Task to carry out:
Lines of the material that include the string "arith" should be returned.

Information provided:
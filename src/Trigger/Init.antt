-- ===== src/Trigger/Init.antt =====
-- The start and the end of a chain's statistics.
use microblx.Base.{
  ℕ, ◌≡◌, refl, sym, ap, ◌∙◌, Bool, true, false, Option, none, some, List, [], ◌∷◌, arith, length,
  map, Bool-cases, inl, inr, suc,
}
use microblx.Base.Int.{pos, ltb_ℤ}
use microblx.Store.{CStr, Block}
use microblx.Trigger.{
  Tstat, tstat_init2, tstat_totals, Triggee, stats, freed_stats, Chain, is_freed, default_triggee,
  init_blk_tstats, start_counting, chain_init, chain_cleanup,
}
use microblx.Trigger.Ready.{Ready, Divides}

-- Every triggee names an allocated block.
abbrev pub Targets : (ℕ → Option Block) → List Triggee → Type 0
Targets blocks [] = Unit
Targets blocks (t ∷ ts) =
    ((b : ℕ) × (blk : Block) × (t.block ≡ some b) × (blocks b ≡ some blk)) × Targets blocks ts

init_blk_tstats_lem :
    (blocks : ℕ → Option Block) (chain_id : Option CStr) (ts : List Triggee)
    → Targets blocks ts
    → (sts : List Tstat) × (init_blk_tstats blocks chain_id ts ≡ some sts)
      × (length sts ≡ length ts)
unfolding init_blk_tstats
init_blk_tstats_lem blocks chain_id [] targets = ([], refl, refl)
init_blk_tstats_lem blocks chain_id (t ∷ ts) ((b, blk, at, found), targets) =
    let (sts, out, fit) = init_blk_tstats_lem blocks chain_id ts targets in
    (
      tstat_init2 blk.name chain_id ∷ sts,
      rw (init_blk_tstats, at, found, out) refl,
      omega (arith, fit),
    )

length-map : (ts : List Triggee) → length (map default_triggee ts) ≡ length ts
length-map [] = refl
length-map (t ∷ ts) = ap suc (length-map ts)

default_triggee-Divides : (ts : List Triggee) → Divides (map default_triggee ts)
default_triggee-Divides [] = tt
default_triggee-Divides (t ∷ ts) = (ground arith, default_triggee-Divides ts)

-- Initialising a chain whose triggees name allocated blocks and whose statistics are not freed
-- memory succeeds where there is memory, and makes it ready, with as many triggees, the counter
-- at 0 and the mode as it was.
pub chain_init-Ready :
    (blocks : ℕ → Option Block) (chain_id : Option CStr) (rate : ℕ) (chain : Chain)
    → Targets blocks chain.triggees
    → is_freed chain.blk_tstats ≡ false
    → (chain' : Chain) × (chain_init blocks true chain_id rate chain ≡ some (pos 0, chain'))
      × (length chain'.triggees ≡ length chain.triggees)
      × (chain'.every_cnt ≡ 0)
      × (chain'.tstats_mode ≡ chain.tstats_mode)
      × Ready chain'
unfolding chain_init
chain_init-Ready blocks chain_id rate chain targets live =
    let (sts, out, fit) = init_blk_tstats_lem blocks chain_id chain.triggees targets in
    let same = length-map chain.triggees in
    let divides = default_triggee-Divides chain.triggees in
    let chain1 = record chain {
      tstats_output_rate = rate;
      tstats_output_last_msg = 0;
      tstats_output_idx = 0;
      global_tstats = tstat_init2 tstat_totals chain_id;
    } in
    elim (Bool-cases (ltb_ℤ chain.tstats_mode (pos 2))) [
      | inl few ↦ (
        start_counting chain1,
        ground arith,
        same,
        refl,
        refl,
        record { divides = divides; fits = λ many. absurd (ground arith); index = omega arith },
      )
      | inr many ↦ (
        start_counting (record chain1 { blk_tstats = stats sts }),
        ground arith,
        same,
        refl,
        refl,
        record { divides = divides; fits = λ _. (sts, refl, fit ∙ sym same); index = omega arith },
      )
    ]

-- A chain with per-block statistics, in a mode of at least 2, that is cleaned up and then
-- initialised again, as happens when its trigger block is stopped and started, uses the freed
-- statistics.
pub chain_init-chain_cleanup_use_after_free :
    (blocks : ℕ → Option Block) (got : Bool) (chain_id : Option CStr) (rate : ℕ) (chain : Chain)
    → (sts : List Tstat) → ltb_ℤ chain.tstats_mode (pos 2) ≡ false
    → chain.blk_tstats ≡ stats sts
    → (chain' : Chain) × (chain_cleanup chain ≡ some chain')
      × (chain_init blocks got chain_id rate chain' ≡ none)
unfolding chain_init chain_cleanup
chain_init-chain_cleanup_use_after_free blocks got chain_id rate chain sts mode live =
    (record chain { blk_tstats = freed_stats }, ground arith, ground arith)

Reply to the task:
  ℕ, ◌≡◌, refl, sym, ap, ◌∙◌, Bool, true, false, Option, none, some, List, [], ◌∷◌, arith, length,
      omega (arith, fit),
default_triggee-Divides (t ∷ ts) = (ground arith, default_triggee-Divides ts)
        ground arith,
        record { divides = divides; fits = λ many. absurd (ground arith); index = omega arith },
        ground arith,
        record { divides = divides; fits = λ _. (sts, refl, fit ∙ sym same); index = omega arith },
    (record chain { blk_tstats = freed_stats }, ground arith, ground arith)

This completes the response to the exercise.